Georgia adopted runoffs after a previous electoral system that favored white voters was overturned.
Beginning in 1917, Georgia used something called the county unit system in primary elections, which operated sort of like a state-level electoral college. Under this system, each of Georgia’s 159 counties was classified as urban, town or rural. In statewide primaries, like for governor, urban counties received six “unit votes,” town counties received four and rural counties received two. A candidate who won a plurality of votes in a county received all of that county’s “unit votes.” Since Georgia’s minority communities were concentrated in urban counties, and white voters were spread throughout rural counties, this system allowed rural counties to prevail against their urban counterparts, thereby giving outsize electoral power to white voters in the Peach State.
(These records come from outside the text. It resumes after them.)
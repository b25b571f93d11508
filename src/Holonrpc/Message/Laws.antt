-- ===== src/Holonrpc/Message/Laws.antt =====
-- Identifiers of pkg/holonrpc/types.go: their encoding, their map keys and the check on receipt.
use go_holons.Common.{true, false, some, [], ◌∷◌, ◌≡◌, refl, ap, arith, is_some}
use go_holons.Common.Text.{Text, text, text_eq, text_eq-false, is_empty, trim_space}
use go_holons.Holonrpc.Value.{string}
use go_holons.Holonrpc.Message.{Codec, IsLawful, has_id, id_key, make_id, decode_string_id}

-- `hasID` and the flag of `idKey` are the same test.
pub has_id-id_key : (id : Text) → has_id id ≡ is_some (id_key id)
unfolding has_id id_key
has_id-id_key id = ground arith

module _ (c : Codec) (w : IsLawful c) where
  make_id_eq : (s : Text) → make_id c s ≡ (w.encodes_string s).0
  unfolding make_id
  make_id_eq s = rw ((w.encodes_string s).1, make_id)

  decode-make_id : (s : Text) → c.decode (make_id c s) ≡ some (string s)
  decode-make_id s = rw (make_id_eq s) (w.encodes_string s).2

  trim_space-make_id : (s : Text) → trim_space (make_id c s) ≡ make_id c s
  trim_space-make_id s = rw (make_id_eq s) (w.encodes_string s).3

  pub valid-make_id : (s : Text) → c.valid (make_id c s) ≡ true
  valid-make_id s = rw (make_id_eq s) (w.encodes_string s).4

  not_empty : (raw : Text) (s : Text) → c.decode raw ≡ some (string s) → is_empty raw ≡ false
  not_empty [] s e = cc w.decodes_empty
  not_empty (x ∷ raw) s e = refl

  not_null :
      (raw : Text) (s : Text) → c.decode raw ≡ some (string s) → text_eq raw (text "null") ≡ false
  not_null raw s e = text_eq-false raw (text "null") (λ p. cc (w.decodes_null, ap c.decode p))

  -- A made identifier is its own key in the pending table.
  pub id_key-make_id : (s : Text) → id_key (make_id c s) ≡ some (make_id c s)
  unfolding id_key
  id_key-make_id s =
      let trimmed = trim_space-make_id s in
      rw (trimmed, not_empty _ s (decode-make_id s), not_null _ s (decode-make_id s))

  pub has_id-make_id : (s : Text) → has_id (make_id c s) ≡ true
  has_id-make_id s = rw (has_id-id_key (make_id c s), id_key-make_id s)

  -- The receiver of a made identifier reads the text that it was made of.
  pub decode_string_id-make_id : (s : Text) → decode_string_id c (make_id c s) ≡ some s
  unfolding decode_string_id
  decode_string_id-make_id s = rw (trim_space-make_id s, decode-make_id s)

  -- Different identifiers have different keys.
  pub make_id-injective : (s t : Text) → make_id c s ≡ make_id c t → s ≡ t
  make_id-injective s t e = cc (decode_string_id-make_id s, decode_string_id-make_id t)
In 1963, the U.S. Supreme Court declared the county unit system was unconstitutional for violating the “one person, one vote” principle articulated the prior year in Baker v. Carr. In response, Georgia legislators set about devising new ways to maintain white political power. State representative Denmark Groover (D) advocated adopting runoffs for all Georgia elections as a replacement for the county unit system, stating on the Georgia House floor that “we have got to go to the majority vote because all we have to have is a plurality and the Negroes and the pressure groups and special interests are going to manipulate this State and take charge if we don’t go for the majority vote.” His proposal was adopted as part of the state’s election reform package passed in 1964.
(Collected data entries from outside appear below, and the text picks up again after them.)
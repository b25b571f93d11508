-- ===== src/Holonrpc/Server/Calls.antt =====
-- The calls that the server makes: the identifiers and the pending table of `Server.Invoke`, and
-- `handlePeerResponse`, of pkg/holonrpc/server.go.
use go_holons.Common.{ℕ, ◌^◌, ◌<◌, ◌≡◌, ◌≢◌, refl, sym, ap, ◌∙◌, Option, none, some, true, arith}
use go_holons.Common.Int.{int64, format_int, format_int64-injective}
use go_holons.Common.Text.{
  append-cancel, Text, text, text_eq_refl, text_eq-false, has_prefix, after_prefix-append,
}
use go_holons.Holonrpc.Message.{
  Codec, IsLawful, RpcMessage, has_id, id_key, make_id, decode_string_id,
}
use go_holons.Holonrpc.Message.Laws.{
  id_key-make_id, has_id-make_id, make_id-injective, decode_string_id-make_id,
}
use go_holons.Holonrpc.Pending.{deliver}
use go_holons.Holonrpc.Pending.Laws.{IsValid, view, view-deliver}
use go_holons.Holonrpc.Server.State.{Server}
use go_holons.Holonrpc.Server.Invoke.{key_of, server_id}
use go_holons.Holonrpc.Server.Request.{handle_peer_response, check_version, deliver_keyed}

server_id-injective : (a b : ℕ) → a < 2 ^ 64 → b < 2 ^ 64 → server_id a ≡ server_id b → a ≡ b
server_id-injective a b ha hb e = format_int64-injective a b ha hb (append-cancel (text "s") _ _ e)

pub key_of-make_id : (c : Codec) → IsLawful c → (id : Text) → key_of (make_id c id) ≡ make_id c id
unfolding key_of
key_of-make_id c law id = rw (id_key-make_id c law id, key_of)

key_of-injective :
    (c : Codec) (a b : ℕ)
    → IsLawful c
    → a < 2 ^ 64
    → b < 2 ^ 64
    → key_of (make_id c (server_id a)) ≡ key_of (make_id c (server_id b))
    → a ≡ b
key_of-injective c a b law ha hb e = server_id-injective a b ha hb (
    make_id-injective c law (server_id a) (server_id b)
      (sym (key_of-make_id c law (server_id a)) ∙ e ∙ key_of-make_id c law (server_id b)))

-- Calls with different counters wait under different keys: `nextServerID` would have to run
-- through all 2^64 values of an int64 before a key comes back.
pub key_of-distinct :
    (c : Codec) (a b : ℕ)
    → IsLawful c
    → a < 2 ^ 64
    → b < 2 ^ 64
    → a ≢ b
    → key_of (make_id c (server_id a)) ≢ key_of (make_id c (server_id b))
key_of-distinct c a b law ha hb differ e = differ (key_of-injective c a b law ha hb e)

-- What the client checks of a server's identifier holds of every one that `Invoke` makes: it is
-- there, it is a JSON string, and that string starts with "s".
pub server_id_accepted :
    (c : Codec) (n : ℕ)
    → IsLawful c
    → (has_id (make_id c (server_id n)) ≡ true)
      × ((sid : Text) × (decode_string_id c (make_id c (server_id n)) ≡ some sid)
          × (has_prefix sid (text "s") ≡ true))
server_id_accepted c n law = (
  has_id-make_id c law (server_id n),
  (
    server_id n,
    decode_string_id-make_id c law (server_id n),
    rw (after_prefix-append (text "s") (format_int (int64 n))),
  ),
)

pub delivered_pending :
    (peer : ℕ) (m : RpcMessage) (key : Text) (s : Server)
    → id_key m.id ≡ some key
    → ((handle_peer_response peer m s).1.heap peer).pending
      ≡ deliver key (check_version m) (s.heap peer).pending
unfolding handle_peer_response
delivered_pending peer m key s e = rw (e, deliver_keyed) (ground arith)

delivered_elsewhere :
    (peer : ℕ) (m : RpcMessage) (o : Option Text) (s : Server) (q : ℕ)
    → q ≢ peer
    → (deliver_keyed peer m o s).1.heap q ≡ s.heap q
delivered_elsewhere peer m none s q h = refl
delivered_elsewhere peer m (some key) s q h = ground arith

-- A response whose key a call of the peer waits under answers that call, with an error in its
-- place if the version is wrong; no other call of the peer and no other peer notices.
pub handle_peer_response-answers :
    (peer : ℕ) (m : RpcMessage) (key : Text) (s : Server)
    → IsValid (s.heap peer).pending
    → id_key m.id ≡ some key
    → view (s.heap peer).pending key ≡ some none
    → let s' = (handle_peer_response peer m s).1 in
      (view (s'.heap peer).pending key ≡ some (some (check_version m)))
      × ((j : Text) → j ≢ key → view (s'.heap peer).pending j ≡ view (s.heap peer).pending j)
      × ((q : ℕ) → q ≢ peer → s'.heap q ≡ s.heap q)
unfolding handle_peer_response
handle_peer_response-answers peer m key s v e waits =
    let p = (s.heap peer).pending in
    let same = delivered_pending peer m key s e in
    (
      ap (λ q. view q key) same
          ∙ view-deliver key key (check_version m) p v
          ∙ ground (arith, text_eq_refl key, waits),
      λ j differ.
          ap (λ q. view q j) same
          ∙ view-deliver key j (check_version m) p v
          ∙ ground (arith, text_eq-false key j (λ k. differ (sym k))),
      λ q differ. delivered_elsewhere peer m (id_key m.id) s q differ,
    )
In the 1990s, the U.S. Department of Justice (DOJ) filed a lawsuit against Georgia’s primary runoff system, arguing the system violated the Voting Rights Act of 1965 (VRA) by diluting the voting strength of Black Georgians. The DOJ identified 35 Georgia elections where Black candidates received a plurality of votes in the first round of a primary but lost their runoffs when white voters coalesced around their opponent. The DOJ’s lawsuit was eventually consolidated with Brooks v. Miller, a challenge brought by a group of Black voters. In 1998, although the 11th U.S. Circuit Court of Appeals concluded the runoff system didn’t violate the VRA, it nevertheless agreed that “the virus of race-consciousness was in the air” when it was adopted.
When it comes to elections, context matters.
While it’s clear that the existence of the primary runoff system throughout much of the former confederacy owes its origins to racism, that doesn’t mean that runoff elections themselves — or the similar voting systems used in California, Washington and Maine — are inherently racist. It’s the context of the South at the time — a region dominated by a single political party and characterized by racially polarized voting — that made primary runoffs a tool of white supremacy. Any seemingly neutral election practice can become problematic depending on the real-world circumstances in which it’s used.
That’s why the VRA and other voting laws call for evaluating the “totality of the circumstances” when deciding if an electoral practice has a discriminatory effect or a disparate impact on some group of voters. It’s not enough for a voter ID requirement or the placement of polling locations to appear facially neutral. You have to dig a little deeper and understand how it operates in the real world to really determine if an electoral practice or rule can be used to deny people their right to vote.